Your task is to determine the minimum cost at which you can gather all stones in one pile.

To add some challenge, the stone piles built up conspiracy and decided that each pile will let you add to it not more than k times (after that it can only be added to another pile).

Moreover, the piles decided to puzzle you completely and told you q variants (not necessarily distinct) of what k might equal.

Your task is to find the minimum cost for each of q variants.

Input
The first line contains integer n (1 ≤ n ≤ 105) — the number of stone piles. The second line contains n space-separated integers: a1, a2, …, an (1 ≤ ai ≤ 109) — the initial sizes of the stone piles.

The third line contains integer q (1 ≤ q ≤ 105) — the number of queries. The last line contains q space-separated integers k1, k2, …, kq (1 ≤ ki ≤ 105) — the values of number k for distinct queries. Note that numbers ki can repeat.

Output
Print q whitespace-separated integers — the answers to the queries in the order, in which the queries are given in the input.

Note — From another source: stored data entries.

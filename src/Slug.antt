-- ===== src/Slug.antt =====
-- internal/repository/admin_repo.go: `slugify`, and the candidates of `nextCompanySlug`.
pub mod Shape
pub mod Idempotent
pub mod Decimal
pub mod Candidates
use mathlib.Core.List.{map}
use proindustrial_backend.Common.{
  Bool, List, [], false, if◌then◌else◌, leb, length, ltb, nat_eq, refl, string_eq, suc, take,
  text_eq, true, zero, ℕ, ◌%◌, ◌^◌, ◌-◌, ◌&&◌, ◌++◌, ◌+◌, ◌/◌, ◌==◌, ◌||◌, ◌∷◌, ◌≡◌,
}
use proindustrial_backend.Common.Text.{Text, codes, to_lower, trim, trim_space}
use proindustrial_backend.Model.Limits.{max_slug_base}

-- The pairs of `slugReplacer`: each replaces one character by one.
abbrev pub replacements : List (ℕ × ℕ)
replacements =
    (0xe1, b'a')
    ∷ (0xe9, b'e')
    ∷ (0xed, b'i')
    ∷ (0xf3, b'o')
    ∷ (0xfa, b'u')
    ∷ (0xfc, b'u')
    ∷ (0xf1, b'n')
    ∷ (0xc1, b'a')
    ∷ (0xc9, b'e')
    ∷ (0xcd, b'i')
    ∷ (0xd3, b'o')
    ∷ (0xda, b'u')
    ∷ (0xdc, b'u')
    ∷ (0xd1, b'n')
    ∷ (0xe0, b'a')
    ∷ (0xe8, b'e')
    ∷ (0xec, b'i')
    ∷ (0xf2, b'o')
    ∷ (0xf9, b'u')
    ∷ (0xe7, b'c')
    ∷ []

replace_rune : List (ℕ × ℕ) → ℕ → ℕ
replace_rune [] c = c
replace_rune ((old, new) ∷ pairs) c = if c == old then new else replace_rune pairs c

-- `slugReplacer.Replace`
replace : Text → Text
unfolding replace_rune
replace = map (replace_rune replacements)

-- The class `[a-z0-9]`.
abbrev pub is_slug_char : ℕ → Bool
is_slug_char c = leb b'a' c && leb c b'z' || leb b'0' c && leb c b'9'

-- `nonSlugCharPattern.ReplaceAllString(…, "-")`: one dash for each longest run of other characters.
-- The flag says that the run before the text has its dash.
dash_runs : Bool → Text → Text
dash_runs in_run [] = []
dash_runs in_run (c ∷ s) = elim (is_slug_char c) [
  | true ↦ c ∷ dash_runs false s
  | false ↦ let rest = dash_runs true s in if in_run then rest else b'-' ∷ rest
]

abbrev pub is_dash : ℕ → Bool
is_dash c = c == b'-'

-- The truncation, with the second `strings.Trim`.
shorten : Text → Text
unfolding trim
shorten slug =
    if ltb max_slug_base (length slug) then trim is_dash (take max_slug_base slug) else slug

unfoldable pub slugify : (ℕ → ℕ) → Text → Text
unfolding replace dash_runs shorten trim trim_space to_lower
slugify unicode_lower value =
    shorten (trim is_dash (dash_runs false (to_lower unicode_lower (trim_space (replace value)))))

-- `if base == "" { base = "empresa" }`
abbrev pub or_empresa : Text → Text
or_empresa [] = codes "empresa"
or_empresa (c ∷ s) = c ∷ s

unfoldable pub slug_base : (ℕ → ℕ) → Text → Text
slug_base unicode_lower name = or_empresa (slugify unicode_lower name)

-- The digits of `n` before `out`; `n + 1` rounds are enough.
digits : ℕ → ℕ → Text → Text
digits zero n out = out
digits (suc f) n out =
    let more = digits f (n / 10) ((b'0' + n % 10) ∷ out) in
    if ltb n 10 then (b'0' + n) ∷ out else more

unfoldable pub decimal : ℕ → Text
unfolding digits
decimal n = digits (suc n) n []

-- The text of an `int`, which is kept as its 64 bits: from 2 ^ 63 on it is negative.
unfoldable pub int_text : ℕ → Text
unfolding decimal
int_text i = if ltb i (2 ^ 63) then decimal i else b'-' ∷ decimal (2 ^ 64 - i)

-- `i++` on an `int`
unfoldable pub incremented : ℕ → ℕ
incremented i = (i + 1) % 2 ^ 64

-- `fmt.Sprintf("%s-%d", base, i)`
unfoldable pub candidate : Text → ℕ → Text
unfolding int_text
candidate base i = base ++ b'-' ∷ int_text i

slugify_test :
    slugify (λ c. c) (codes "  Tuberías del  Sur, Ñuñoa & Cía. ")
    ≡ codes "tuberias-del-sur-nunoa-cia"
unfolding slugify
slugify_test = refl

candidate_test : candidate (codes "acme") 12 ≡ codes "acme-12"
unfolding candidate
candidate_test = refl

Please, do not use the %lld specifier to read or write 64-bit integers in C++. It is preferred to use the cin, cout streams or the %I64d specifier.

Examples
input
5
2 3 4 1 1
2
2 3
output
9 8
Note
In the first sample one way to get the optimal answer goes like this: we add in turns the 4-th and the 5-th piles to the 2-nd one; then we add the 1-st pile to the 3-rd one; we add the 2-nd pile to the 3-rd one. The first two operations cost 1 each; the third one costs 2, the fourth one costs 5 (the size of the 2-nd pile after the first two operations is not 3, it already is 5).

In the second sample you can add the 2-nd pile to the 3-rd one (the operations costs 3); then the 1-st one to the 3-th one (the cost is 2); then the 5-th one to the 4-th one (the costs is 1); and at last, the 4-th one to the 3-rd one (the cost is 2).

这道题的题意是合并石子，给你 n 堆石子，每堆石子最多选取 K 堆石子合并到这堆石子，合并一堆石子代价是石子的数量。
首先我们先排序，排序后的石子数量是 a[1] a[2]……a[n]，对于每一堆合并之后最后一次合并必然所有堆合到堆代价为 sum（石子总数-a[i]) 当 i==n 时，代价最小。在讨论前 n-1 堆和并的问题，前 n-1 和并的代价最小是分成 K 堆加到第 n 堆最小，则对于前 n-1 堆就要分成 k 堆，对于 K 堆的每一堆又要分成 K 堆最小，不断递归据可以得到最终结果，但是递归之后容易超时，容易爆栈，改写为递推，那么对于前 K 堆合并的代价是 sum[n-1]，那么对于 K 堆的 K 堆合并的 sum[n-1-k],对于 K 堆的 K 堆的 K 堆合并的代价就是 sum[n-1-k*k],当这个值小于 1 的时候，就没有石子可以合并了，于是可以写出代码

#include <bits/stdc++.h>
using namespace std;
const int MAX=999990;
long long int a[MAX] = {0};
long long int sum[MAX] = {0};
long long int m, q,x,y;
int main()
{
    int n;
    cin>>n;
    for(int i=1;i<=n;i++)  cin>>a[i];
    sort(a+1, a+n+1);
    for(int i=1;i<=n;i++) a[i] += a[i-1];//前缀和
    cin>>m;
    while(m--)
    {
        cin>>q;
        if(q>=n) cout<<a[n-1]<<' ';
        else{
            x = n - 1;
            y = q;
            if(sum[q]==0)  //如果重复出现就不用计算了，不然会超时
                while(x>=1)
                {
                    sum[q] += a[x];
                    x -=y;
                    y *= q;
                }
            cout<<sum[q]<<' ';
        }
    }
    return 0;
}